▶ **Exercise details**
Where does the word "antt" appear in the data? Copy every line that holds it.

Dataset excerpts
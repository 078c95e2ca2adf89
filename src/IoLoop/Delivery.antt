-- ===== src/IoLoop/Delivery.antt =====
-- ioloop/ioloop.c: `iol_main_loop` with callbacks that delete nothing.
use divers.Base.{
  ℕ, suc, ◌+◌, ◌≡◌, ◌≢◌, refl, sym, ap, ◌∙◌, arith, inl, inr, Bool, true, false, Option, none, some,
  List, [], ◌∷◌, has, Distinct, All, length, Bool-cases, ◌==◌, if◌then◌else◌, subst,
}
use mathlib.Core.Option.{some-injective}
use divers.Resources.{◌>>=◌}
use divers.IoLoop.{EventDesc, Event, Manager, Answers, tdelete, add_event, del_event, stop_loop}
use divers.IoLoop.Rounds.{
  Op, add, del, stop, perform, perform_all, Callback, find_data, data_at, with_rev, set_rev,
  received, call, handle, dispatch, main_loop,
}
use divers.IoLoop.Balance.{IsAdded, add_event-IsAdded}
use divers.IoLoop.Table.{fds, count_data, count_both, IsTable}
use divers.IoLoop.Safety.{known, perform-Kept, del_event-Deleted}

-- The blocks of the descriptions in the tree.
abbrev pub ptrs : List Event → List ℕ
ptrs [] = []
ptrs (e ∷ es) = e.data_ptr ∷ ptrs es

abbrev pub Keeps : Op → Type 0
Keeps (add a ref) = Unit
Keeps (del fd) = ⊥
Keeps stop = Unit

-- A callback that deletes nothing.
abbrev pub IsGentle : Callback → Type 0
IsGentle iol_func = (d : EventDesc) (m : Manager) → All Keeps (iol_func d m).0

-- What `epoll_wait` gives: descriptions of the tree, each once.
abbrev pub firsts : List (ℕ × ℕ) → List ℕ
firsts [] = []
firsts ((p, events) ∷ vec) = p ∷ firsts vec

abbrev pub IsReady : Manager → List (ℕ × ℕ) → Type 0
IsReady m vec = Distinct (firsts vec) × All (λ p. has p (ptrs m.root) ≡ true) (firsts vec)

pub set_rev_same :
    (p events b : ℕ) (es : List Event)
    → (fds (set_rev p events es) ≡ fds es)
      × (ptrs (set_rev p events es) ≡ ptrs es)
      × (count_both b (set_rev p events es) ≡ count_both b es)
      × (count_data b (set_rev p events es) ≡ count_data b es)
unfolding set_rev with_rev
set_rev_same p events b [] = (refl, refl, refl, refl)
set_rev_same p events b (e ∷ es) =
    let (x, y, z, w) = set_rev_same p events b es in
    elim (Bool-cases (e.data_ptr == p)) [
      | inl t ↦ rw t (refl, refl, refl, refl)
      | inr f ↦ rw (f, x, y, z, w) (refl, refl, refl, refl)
    ]

pub received-IsTable : (p events : ℕ) (m : Manager) → IsTable m → IsTable (received p events m)
unfolding received
received-IsTable p events m t = record {
  watched = t.watched ∙ sym (set_rev_same p events 0 m.root).0;
  distinct = subst Distinct (sym (set_rev_same p events 0 m.root).0) t.distinct;
  blocks = λ b.
      let (_, _, z, _) = set_rev_same p events b m.root in
      let (_, _, _, w) = set_rev_same p events b m.lost in rw (z, w) (t.blocks b);
}

find_data-has :
    (p : ℕ) (es : List Event) → has p (ptrs es) ≡ true → (e : Event) × (find_data p es ≡ some e)
find_data-has p [] h = cc
find_data-has p (e ∷ es) h = elim (Bool-cases (e.data_ptr == p)) [
  | inl t ↦ rw t (e, refl)
  | inr f ↦ rw f (find_data-has p es (ground arith))
]

pub find_data_fd :
    (p : ℕ) (es : List Event) (e : Event) → find_data p es ≡ some e → has e.desc.fd (fds es) ≡ true
find_data_fd p [] e h = cc
find_data_fd p (x ∷ es) e h = elim (Bool-cases (x.data_ptr == p)) [
  | inl t ↦ ground arith
  | inr f ↦ ground (arith, find_data_fd p es e)
]

-- To delete what one block describes keeps the other blocks.
has-tdelete :
    (p q : ℕ) (es : List Event) (e : Event)
    → Distinct (fds es)
    → find_data p es ≡ some e
    → q ≢ p
    → has q (ptrs es) ≡ true
    → has q (ptrs (tdelete e.desc.fd es)) ≡ true
has-tdelete p q [] e d f ne h = h
has-tdelete p q (x ∷ es) e (n, d) f ne h = elim (Bool-cases (x.data_ptr == p)) [
  | inl t ↦ ground arith
  | inr u ↦ ground (arith, find_data_fd p es e, has-tdelete p q es e d)
]

-- The table is in order and still has the blocks that it had.
abbrev Grown : Manager → Option Manager → Type 0
Grown m o =
    (m' : Manager) × (o ≡ some m')
    × IsTable m'
    × ((q : ℕ) → has q (ptrs m.root) ≡ true → has q (ptrs m'.root) ≡ true)

added-keeps :
    (a : Answers) (ref : EventDesc) (m m' : Manager) (o : Option (ℕ × Manager))
    → IsAdded a ref m o
    → (o >>= λ r. some (r.1)) ≡ some m'
    → (q : ℕ) → has q (ptrs m.root) ≡ true
    → has q (ptrs m'.root) ≡ true
added-keeps a ref m m' none h e q i = absurd h
added-keeps a ref m m' (some (ret, m1)) (inl (ev, d, _, _, _, _, _, same)) e q i =
    rw⁻¹ (some-injective m1 m' e) (rw same (ground arith))
added-keeps a ref m m' (some (ret, m1)) (inr (_, same, _)) e q i =
    rw⁻¹ (some-injective m1 m' e) (rw same i)

perform-Grown : (op : Op) (m : Manager) → Keeps op → IsTable m → Grown m (perform op m)
perform-Grown (add a ref) m k t =
    let (m', e, t') = perform-Kept (add a ref) m t in
    (
      m',
      e,
      t',
      λ q i.
          added-keeps a ref m m' (add_event a ref m) (add_event-IsAdded a ref m (known ref.fd m t))
            (unfold perform in e) q i,
    )
perform-Grown (del fd) m k t = absurd k
perform-Grown stop m k t =
    let (m', e, t') = perform-Kept stop m t in
    (m', e, t', λ q i. rw⁻¹ (some-injective (stop_loop m) m' (unfold perform in e)) i)

perform_all-Grown :
    (ops : List Op) (m : Manager) → All Keeps ops → IsTable m → Grown m (perform_all ops m)
unfolding perform_all
perform_all-Grown [] m k t = (m, refl, t, λ q i. i)
perform_all-Grown (op ∷ ops) m (k, ks) t =
    let (m1, e1, t1, g1) = perform-Grown op m k t in
    let (m2, e2, t2, g2) = perform_all-Grown ops m1 ks t1 in
    (m2, rw e1 e2, t2, λ q i. g2 q (g1 q i))

data_at-found :
    (p : ℕ) (m : Manager)
    → has p (ptrs m.root) ≡ true
    → (e : Event) × (find_data p m.root ≡ some e) × (data_at p m ≡ some e)
unfolding data_at
data_at-found p m i = let (e, f) = find_data-has p m.root i in (e, f, rw (f, data_at) refl)

-- What is ready stays ready when another description is handled.
still_ready :
    (p : ℕ) (qs : List ℕ) (m m' : Manager)
    → has p qs ≡ false
    → ((q : ℕ) → q ≢ p → has q (ptrs m.root) ≡ true → has q (ptrs m'.root) ≡ true)
    → All (λ q. has q (ptrs m.root) ≡ true) qs
    → All (λ q. has q (ptrs m'.root) ≡ true) qs
still_ready p [] m m' out g all = tt
still_ready p (q ∷ qs) m m' out g (i, all) =
    (g q (λ e. ground arith) i, still_ready p qs m m' (ground arith) g all)

module _ (iol_func : Callback) (gentle : IsGentle iol_func) where
  -- The table is in order and still has the blocks that it had, but perhaps this one.
  abbrev Handled : ℕ → Manager → Option Manager → Type 0
  Handled p m o =
      (m' : Manager) × (o ≡ some m')
      × IsTable m'
      × ((q : ℕ) → q ≢ p → has q (ptrs m.root) ≡ true → has q (ptrs m'.root) ≡ true)

  finish-Handled :
      (p : ℕ) (m : Manager)
      → IsTable m
      → has p (ptrs m.root) ≡ true
      → Handled p m (data_at p m >>= λ curr. del_event curr.desc.fd m >>= λ r. some (r.1))
  finish-Handled p m t i =
      let (curr, f, at) = data_at-found p m i in
      let (m', e, t', root) = del_event-Deleted curr.desc.fd m t in
      (m', rw at e, t', λ q ne j. rw root (has-tdelete p q m.root curr t.distinct f ne j))

  -- What is behind the callback.
  called-Handled :
      (p : ℕ) (m m2 : Manager) (positive : Bool)
      → IsTable m2
      → has p (ptrs m2.root) ≡ true
      → ((q : ℕ) → has q (ptrs m.root) ≡ true → has q (ptrs m2.root) ≡ true)
      → Handled p m (
          if positive
          then some m2
          else (data_at p m2 >>= λ curr. del_event curr.desc.fd m2 >>= λ r. some (r.1)))
  called-Handled p m m2 true t i g = (m2, refl, t, λ q ne j. g q j)
  called-Handled p m m2 false t i g =
      let (m', e, t', g') = finish-Handled p m2 t i in (m', e, t', λ q ne j. g' q ne (g q j))

  call-Handled :
      (p : ℕ) (d : EventDesc) (m : Manager)
      → IsTable m
      → has p (ptrs m.root) ≡ true
      → Handled p m (call iol_func p d m)
  unfolding call
  call-Handled p d m t i =
      let (m2, e2, t2, g2) = perform_all-Grown (iol_func d m).0 m (gentle d m) t in
      let (m', e', t', g') = called-Handled p m m2 (iol_func d m).1 t2 (g2 p i) g2 in
      (m', rw e2 e', t', g')

  handle-Handled :
      (p events : ℕ) (m : Manager)
      → IsTable m
      → has p (ptrs m.root) ≡ true
      → Handled p m (handle iol_func p events m)
  unfolding handle received
  handle-Handled p events m t i = elim (Bool-cases (p == 0)) [
    | inl z ↦ rw (z, handle) (m, refl, t, λ q ne j. j)
    | inr nz ↦
        let (e, f, at) = data_at-found p m i in
        elim (Bool-cases e.desc.has_func) [
          | inr n ↦ (m, simp (nz, at, n), t, λ q ne j. j)
          | inl h ↦
              let same = (set_rev_same p events 0 m.root).1 in
              let (m', e', t', g') =
                call-Handled p (with_rev events e.desc) (received p events m)
                  (received-IsTable p events m t) (rw same i) in
              (m', simp (nz, at, h) e', t', λ q ne j. g' q ne (rw same j))
        ]
  ]

  dispatch-Table :
      (vec : List (ℕ × ℕ)) (i : ℕ) (m : Manager)
      → IsTable m
      → IsReady m vec
      → (m' : Manager) × (dispatch iol_func vec i m ≡ some (i + length vec, m')) × IsTable m'
  unfolding dispatch
  dispatch-Table [] i m t r =
      let none_left : i ≡ i + 0 = omega arith in (m, ap (λ (k : ℕ). some (k, m)) none_left, t)
  dispatch-Table ((p, events) ∷ vec) i m t ((out, d), (here, all)) =
      let (m1, e1, t1, g1) = handle-Handled p events m t here in
      let (m2, e2, t2) =
        dispatch-Table vec (i + 1) m1 t1 (d, still_ready p (firsts vec) m m1 out g1 all) in
      let counted : i + 1 + length vec ≡ i + suc (length vec) = omega arith in
      (m2, rw e1 (e2 ∙ ap (λ (k : ℕ). some (k, m2)) counted), t2)

  -- If the callbacks delete nothing themselves, then from a table in order and for descriptions of the tree, each
  -- once, `iol_main_loop` looks only into blocks that are allocated and frees only such, returns the number of the
  -- events and leaves a table in order. The callbacks may add any events and stop the loop.
  pub main_loop-Table :
      (v : ℕ × ℕ) (vec : List (ℕ × ℕ)) (m : Manager)
      → IsTable m
      → IsReady m (v ∷ vec)
      → (m' : Manager) × (main_loop iol_func (v ∷ vec) m ≡ some (length (v ∷ vec), m')) × IsTable m'
  unfolding main_loop
  main_loop-Table v vec m t r =
      let (m', e, t') = dispatch-Table (v ∷ vec) 0 m t r in
      let counted : 0 + suc (length vec) ≡ suc (length vec) = omega arith in
      (m', e ∙ ap (λ (k : ℕ). some (k, m')) counted, t')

▶ **Reply to the exercise**
filename src/IoLoop/Delivery.antt
-- ===== src/IoLoop/Delivery.antt =====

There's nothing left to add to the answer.